Lingua::Ident.3pm

Langue: en

Version: 2006-11-11 (mandriva - 01/05/08)

Section: 3 (Bibliothèques de fonctions)

NAME

Lingua::Ident -- Statistical language identification

SYNOPSIS

  use Lingua::Ident;
  $i    = new Lingua::Ident("filename 1" ... "filename n");
  $lang = $i->identify("text to classify"), "\n";
 
 

DESCRIPTION

This module implements a statistical language identifier.

The filename attributes to the constructor must refer to files containing tables of n-gram probabilites for languages. These tables can be generated using the trainlid(1) utility program.

RETURN VALUE

The identify() method returns the value specified in the _LANG field of the probabilities table of the language to which the text most likely belongs (see ``WARNINGS'').
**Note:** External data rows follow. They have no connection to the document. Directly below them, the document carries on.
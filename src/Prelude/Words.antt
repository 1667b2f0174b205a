-- ===== src/Prelude/Words.antt =====
-- Fixed-width unsigned arithmetic: a value is a plain number, and a store into a variable of
-- `w` bits takes the remainder by `2 ^ w`.
use Prim.Native.Nat.{ℕ, ◌%◌, ◌<◌}
use native.Mathlib.Omega.{arith}

abbrev pub u32 : ℕ → ℕ
u32 word = word % 4294967296

abbrev pub u16 : ℕ → ℕ
u16 word = word % 65536

abbrev pub u8 : ℕ → ℕ
u8 byte = byte % 256

pub u8-lt : (n : ℕ) → u8 n < 256
u8-lt n = omega arith

pub u16-lt : (n : ℕ) → u16 n < 65536
u16-lt n = omega arith
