-- ===== src/Prelude/Table.antt =====
-- Statements about small ranges and fixed sizes, by evaluation.
use Prim.Native.Nat.{ℕ, zero, suc, ◌+◌, ◌<◌}
use mathlib.Core.Path.{◌≡◌, refl, ap, ap₂, ◌∙◌}
use mathlib.Core.Bool.{Bool, true, false}
use bmsnode_firmware.Prelude.Tests.{if◌then◌else◌}
use mathlib.Core.List.{List, [], ◌∷◌}
use native.Mathlib.Omega.{arith}
use bmsnode_firmware.Prelude.Lists.{length, get_or}

-- Whether a test is true of every number below a bound.
unfoldable pub check_below : ℕ → (ℕ → Bool) → Bool
check_below zero test = true
check_below (suc last) test = if test last then check_below last test else false

pub check_below_sound :
    (bound : ℕ) (test : ℕ → Bool) (i : ℕ)
    → check_below bound test ≡ true
    → i < bound
    → test i ≡ true
unfolding check_below
check_below_sound zero test i ok inside = absurd (omega arith)
check_below_sound (suc last) test i ok inside =
    let earlier = check_below_sound last test i in ground (arith, earlier)

-- The list of the first `n` values of `f`, from `i` on.
abbrev pub tabulate : ℕ → ℕ → (ℕ → ℕ) → List ℕ
tabulate zero i f = []
tabulate (suc n) i f = f i ∷ tabulate n (i + 1) f

tabulate_shift :
    (n i : ℕ) (x : ℕ) (xs : List ℕ)
    → tabulate n (i + 1) (λ k. get_or (x ∷ xs) k 0) ≡ tabulate n i (λ k. get_or xs k 0)
tabulate_shift zero i x xs = refl
tabulate_shift (suc n) i x xs =
    let e : i + 1 ≡ suc i = omega arith in
    ap₂ ◌∷◌ (ap (λ k. get_or (x ∷ xs) k 0) e) (tabulate_shift n (i + 1) x xs)

-- A list of known length, written out.
pub spelled_out : (xs : List ℕ) (n : ℕ) → length xs ≡ n → tabulate n 0 (λ k. get_or xs k 0) ≡ xs
spelled_out [] zero h = refl
spelled_out [] (suc n) h = absurd (omega arith)
spelled_out (x ∷ xs) zero h = absurd (omega arith)
spelled_out (x ∷ xs) (suc n) h = ap (λ l. x ∷ l) (shift ∙ spelled_out xs n (omega arith))
  where
    shift : tabulate n (0 + 1) (λ k. get_or (x ∷ xs) k 0) ≡ tabulate n 0 (λ k. get_or xs k 0)
    shift = tabulate_shift n 0 x xs
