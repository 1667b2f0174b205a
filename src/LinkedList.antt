-- ===== src/LinkedList.antt =====
-- The singly linked list of src/list.c and src/list.h. A node is an address, and `p_next` gives
-- the pointer that is stored at it; a node is the first member of a timer, so the timers of
-- src/tmr.c are linked through the same field.
pub mod Chain
use bmsnode_firmware.Prelude.{ℕ, zero, suc, ◌==◌, if◌then◌else◌}

abbrev pub Ptr : Type 0
Ptr = ℕ

-- `struct list_node`, for every address.
abbrev pub Links : Type 0
Links = Ptr → Ptr

abbrev pub null : Ptr
null = 0

-- The store `p->f = v`, for a field given at every address.
abbrev pub update : (Ptr → ℕ) → Ptr → ℕ → Ptr → ℕ
update h p v a = if a == p then v else h a

unfoldable pub list_add : Links → Ptr → Ptr → Links
list_add p_next head node = update (update p_next node (p_next head)) head node

-- The `while` loop of `list_remove`, from the node `prev`; the first argument is fuel.
pub remove_loop : ℕ → Links → Ptr → Ptr → Links
remove_loop zero p_next prev node = p_next
remove_loop (suc fuel) p_next prev node =
    let cur = p_next prev in
    let more = remove_loop fuel p_next cur node in
    if cur == null
    then p_next
    else if cur == node
    then update (update p_next prev (p_next node)) node null
    else more

unfoldable pub list_remove : ℕ → Links → Ptr → Ptr → Links
unfolding remove_loop
list_remove fuel p_next head node = remove_loop fuel p_next head node

unfoldable pub list_iter : Links → Ptr → Ptr
list_iter p_next node = if node == null then null else p_next node
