-- ===== src/Tmr.antt =====
-- The timers of src/tmr.c and src/tmr.h: a 16 bit millisecond tick that wraps, timeouts read
-- against it, and the list of scheduled timers. A loop over the list takes fuel as its first
-- argument; the laws ask for more fuel than there are timers in the list.
pub mod Expiry
pub mod Schedule
pub mod Fuel
use bmsnode_firmware.Prelude.{ℕ, zero, suc, ◌+◌, ◌-◌, Bool, ltb, ◌==◌, if◌then◌else◌, u16}
use bmsnode_firmware.LinkedList.{Ptr, null, Links, update, list_add, list_remove, list_iter}

-- The address of the list head.
abbrev pub tmrlist : Ptr
tmrlist = 1

-- `systick`, and the fields of `struct tmr` at every address.
pub record Tmr : Type 0 where
  pub systick : ℕ
  pub p_next : Links
  pub timeout : Ptr → ℕ
  pub periodic : Ptr → ℕ
  pub id : Ptr → ℕ

unfoldable pub tick_isr : Tmr → Tmr
tick_isr t = record t { systick = u16 (t.systick + 1) }

unfoldable pub tmr_init : Tmr → Tmr
tmr_init t = record t { p_next = update t.p_next tmrlist null }

-- The next two take the tick that `tmr_get_ticks` reads.
unfoldable pub tmr_set : ℕ → ℕ → ℕ
tmr_set ticks millisec = u16 (ticks + millisec)

unfoldable pub tmr_expired : ℕ → ℕ → Bool
tmr_expired ticks tmrset = ltb (u16 (ticks + 65536 - tmrset)) 32768

unfoldable pub tmr_unschedule : ℕ → Tmr → Ptr → Tmr
tmr_unschedule fuel t p_tmr = record t { p_next = list_remove fuel t.p_next tmrlist p_tmr }

unfoldable pub tmr_schedule : ℕ → Tmr → Ptr → ℕ → ℕ → Bool → Tmr
unfolding tmr_unschedule
tmr_schedule fuel t p_tmr id duration periodic =
    let u = tmr_unschedule fuel t p_tmr in
    record u {
      p_next = list_add u.p_next tmrlist p_tmr;
      timeout = update u.timeout p_tmr (tmr_set u.systick duration);
      periodic = update u.periodic p_tmr (if periodic then duration else 0);
      id = update u.id p_tmr id;
    }

-- What `tmr_process` does with the expired timer that it has found.
abbrev pub on_expired : ℕ → Tmr → Ptr → Tmr
on_expired fuel t p_tmr =
    if t.periodic p_tmr == 0
    then record t { p_next = list_remove fuel t.p_next tmrlist p_tmr }
    else record t { timeout = update t.timeout p_tmr (u16 (t.timeout p_tmr + t.periodic p_tmr)) }

-- The `while` loop of `tmr_process`; `rounds` is the fuel of the walk.
pub process_loop : ℕ → ℕ → Tmr → Ptr → Tmr × Ptr
process_loop zero fuel t p_tmr = (t, null)
process_loop (suc rounds) fuel t p_tmr =
    let more = process_loop rounds fuel t (list_iter t.p_next p_tmr) in
    if p_tmr == null
    then (t, null)
    else if tmr_expired t.systick (t.timeout p_tmr)
    then (on_expired fuel t p_tmr, p_tmr)
    else more

unfoldable pub tmr_process : ℕ → Tmr → Tmr × Ptr
unfolding process_loop
tmr_process fuel t = process_loop fuel fuel t (list_iter t.p_next tmrlist)
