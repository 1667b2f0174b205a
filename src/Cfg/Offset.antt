-- ===== src/Cfg/Offset.antt =====
-- The byte offsets of `config_t` of src/cfg.h, which is packed.
use bmsnode_firmware.Prelude.{ℕ}

abbrev pub len : ℕ
len = 0

abbrev pub type : ℕ
type = 1

abbrev pub addr : ℕ
addr = 2

abbrev pub vscale : ℕ
vscale = 3

abbrev pub voffset : ℕ
voffset = 5

abbrev pub tscale : ℕ
tscale = 7

abbrev pub toffset : ℕ
toffset = 9

abbrev pub xscale : ℕ
xscale = 11

abbrev pub xoffset : ℕ
xoffset = 13

abbrev pub shuntmax : ℕ
shuntmax = 15

abbrev pub shuntmin : ℕ
shuntmin = 17

abbrev pub shunttime : ℕ
shunttime = 19

abbrev pub temphi : ℕ
temphi = 21

abbrev pub templo : ℕ
templo = 22

abbrev pub tempadj : ℕ
tempadj = 23

abbrev pub crc : ℕ
crc = 25
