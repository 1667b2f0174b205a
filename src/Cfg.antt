-- ===== src/Cfg.antt =====
-- The node configuration of src/cfg.c and src/cfg.h: a packed block of 26 bytes in RAM, its copy
-- in EEPROM with a crc, and the parameter table of the SETPARM and GETPARM commands.
pub mod Offset
pub mod Block
pub mod Persist
pub mod Parm
pub mod Size
pub mod Corrupt
use bmsnode_firmware.Prelude.{
  ℕ, zero, suc, ◌+◌, ◌-◌, ◌*◌, ◌/◌, ◌%◌, ◌≡◌, Bool, true, false, ◌&&◌, ◌||◌, List, [], ◌∷◌, ◌++◌,
  ltb, leb, ◌==◌, if◌then◌else◌, length, get_or, set,
}

-- The EEPROM functions of avr-libc that the code calls, on the contents of the EEPROM from
-- CFG_ADDR on: they copy a block as a whole.
pub record Eeprom : Type 0 where
  pub read_block : List ℕ → ℕ → List ℕ
  pub update_block : List ℕ → List ℕ → ℕ → List ℕ
  pub length-read : (mem : List ℕ) (n : ℕ) → length (read_block mem n) ≡ n
  pub read-update :
      (mem buf : List ℕ) (n : ℕ) → length buf ≡ n → read_block (update_block mem buf n) n ≡ buf

-- `g_cfg_parms` as its bytes, the RAM behind it, `g_board_type`, the EEPROM from CFG_ADDR on, and
-- the board data written at production.
pub record Cfg : Type 0 where
  pub parms : List ℕ
  pub ram_after : List ℕ
  pub board_type : ℕ
  pub eeprom : List ℕ
  pub uid_cell : ℕ
  pub board_type_cell : ℕ

abbrev pub sizeof_config : ℕ
sizeof_config = 26

abbrev pub cfg_type_2 : ℕ
cfg_type_2 = 2

-- A field of one byte, and of two bytes, the low one first.
abbrev pub get8 : List ℕ → ℕ → ℕ
get8 block i = get_or block i 0

abbrev pub get16 : List ℕ → ℕ → ℕ
get16 block i = get_or block i 0 + 256 * get_or block (i + 1) 0

abbrev pub set16 : List ℕ → ℕ → ℕ → List ℕ
set16 block i v = set (set block i (v % 256)) (i + 1) (v / 256)

unfoldable pub cfg_uid : Cfg → ℕ
cfg_uid c = c.uid_cell

unfoldable pub cfg_board_type : Cfg → ℕ
cfg_board_type c = c.board_type_cell

-- The assignments at the end of `cfg_load`.
unfoldable pub load_defaults : List ℕ → List ℕ
load_defaults b =
    let b = set b Offset.addr 0 in
    let b = set16 b Offset.vscale 4400 in
    let b = set16 b Offset.voffset 0 in
    let b = set16 b Offset.tscale 0 in
    let b = set16 b Offset.toffset 0 in
    let b = set16 b Offset.xscale 0 in
    let b = set16 b Offset.xoffset 0 in
    let b = set16 b Offset.shuntmax 4100 in
    let b = set16 b Offset.shuntmin 4000 in
    let b = set16 b Offset.shunttime 300 in
    let b = set b Offset.temphi 50 in let b = set b Offset.templo 40 in set16 b Offset.tempadj 0

-- `parmtable`: the index and the count of each parameter.
abbrev pub parmtable : List (ℕ × ℕ)
parmtable =
    (0, 0)
    ∷ (2, 1)
    ∷ (3, 2)
    ∷ (5, 2)
    ∷ (7, 2)
    ∷ (9, 2)
    ∷ (11, 2)
    ∷ (13, 2)
    ∷ (15, 2)
    ∷ (17, 2)
    ∷ (19, 2)
    ∷ (21, 1)
    ∷ (22, 1)
    ∷ (23, 2)
    ∷ []

abbrev pub max_parmid : ℕ
max_parmid = 13

unfoldable pub parm_index : ℕ → ℕ
parm_index id = (get_or parmtable id (0, 0)).0

unfoldable pub parm_count : ℕ → ℕ
parm_count id = (get_or parmtable id (0, 0)).1

abbrev pub is_bad_id : ℕ → Bool
is_bad_id id = ltb id 1 || ltb max_parmid id

module _ (crc8 : ℕ → ℕ → ℕ) where
  -- `n` bytes of memory from `idx` on.
  pub crc_loop : ℕ → ℕ → List ℕ → ℕ → ℕ
  crc_loop zero idx mem crc = crc
  crc_loop (suc n) idx mem crc = crc_loop n (idx + 1) mem (crc8 crc (get_or mem idx 0))

  -- The loop runs to the length that the block states, also past the block's end: then it reads
  -- the RAM behind it.
  pub cfg_compute_crc : Cfg → ℕ
  unfolding crc_loop
  cfg_compute_crc c = crc_loop (get8 c.parms Offset.len - 1) 0 (c.parms ++ c.ram_after) 0

  module _ (ee : Eeprom) where
    abbrev pub read_parms : Cfg → Cfg
    read_parms c = record c {
      board_type = cfg_board_type c;
      parms = ee.read_block c.eeprom sizeof_config;
    }

    abbrev pub block_ok : Cfg → Bool
    block_ok c =
        get8 c.parms Offset.type == cfg_type_2
        && get8 c.parms Offset.len == sizeof_config
        && cfg_compute_crc c == get8 c.parms Offset.crc

    unfoldable pub cfg_load : Cfg → Cfg × Bool
    unfolding load_defaults cfg_board_type cfg_compute_crc
    cfg_load c =
        let d = read_parms c in
        if block_ok d then (d, true) else (record d { parms = load_defaults d.parms }, false)

    -- The header fields and the crc of `cfg_commit`.
    abbrev pub seal : Cfg → Cfg
    seal c =
        let d = record c {
          parms = set (set c.parms Offset.len sizeof_config) Offset.type cfg_type_2;
        } in
        record d { parms = set d.parms Offset.crc (cfg_compute_crc d) }

    abbrev pub update_eeprom : Cfg → Cfg
    update_eeprom c = record c { eeprom = ee.update_block c.eeprom c.parms sizeof_config }

    -- `~crc` in one byte.
    abbrev pub spoil_crc : Cfg → Cfg
    spoil_crc c = record c { parms = set c.parms Offset.crc (255 - get8 c.parms Offset.crc) }

    unfoldable pub cfg_commit : Bool → Cfg → Cfg
    unfolding cfg_load
    cfg_commit reset c =
        if reset then (cfg_load (update_eeprom (spoil_crc (seal c)))).0 else update_eeprom (seal c)

    unfoldable pub cfg_store : Cfg → Cfg
    unfolding cfg_commit
    cfg_store c = cfg_commit false c

    unfoldable pub cfg_reset : Cfg → Cfg
    unfolding cfg_commit
    cfg_reset c = cfg_commit true c

    -- The bytes that `cfg_set` copies into the block.
    abbrev pub write_parm : ℕ → List ℕ → List ℕ → List ℕ
    write_parm id p_value block =
        let b = set block (parm_index id) (get_or p_value 1 0) in
        if parm_count id == 2 then set b (parm_index id + 1) (get_or p_value 2 0) else b

    unfoldable pub cfg_set : Cfg → ℕ → List ℕ → Cfg × Bool
    unfolding cfg_store parm_index parm_count
    cfg_set c len p_value =
        let id = get_or p_value 0 0 in
        if is_bad_id id
        then (c, false)
        else if parm_count id + 1 == len
        then (cfg_store (record c { parms = write_parm id p_value c.parms }), true)
        else (c, false)

-- The result is the buffer and the length of the payload in it.
unfoldable pub cfg_get : Cfg → ℕ → List ℕ → List ℕ × ℕ
unfolding parm_index parm_count
cfg_get c len p_buf =
    let id = get_or p_buf 0 0 in
    if is_bad_id id
    then (p_buf, 0)
    else if leb len (parm_count id)
    then (p_buf, 0)
    else let b = set p_buf 1 (get_or c.parms (parm_index id) 0) in
      (
        if parm_count id == 2 then set b 2 (get_or c.parms (parm_index id + 1) 0) else b,
        parm_count id + 1,
      )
It is recommended to be a POSIX locale name constructed from an ISO 639 2-letter language code, possibly extended by an ISO 3166 2-letter country code and a character set identifier. Example: de_DE.iso88591.

WARNINGS

Since Lingua::Ident is based on statistics it cannot be 100% accurate. More precisely, Dunning (see below) reports his implementation to achieve 92% accuracy with 50K of training text for 20 character strings discriminating bewteen English and Spanish. This implementation should be as accurate as Dunning's. However, not only the size but also the quality of the training text play a role.

The current implementation doesn't use a threshold to determine if the most probable language has a high enough probability; if you're trying to classify a text in a language for which there is no probability table, this results in getting an incorrect language.

AUTHOR

Lingua::Ident was developed by Michael Piotrowski <mxp@dynalabs.de>.

LICENSE

This program is free software; you may redistribute it and/or modify it under the same terms as Perl itself.

SEE ALSO

Dunning, Ted (1994). Statistical Identification of Language. Technical report CRL MCCS-94-273. Computing Research Lab, New Mexico State University.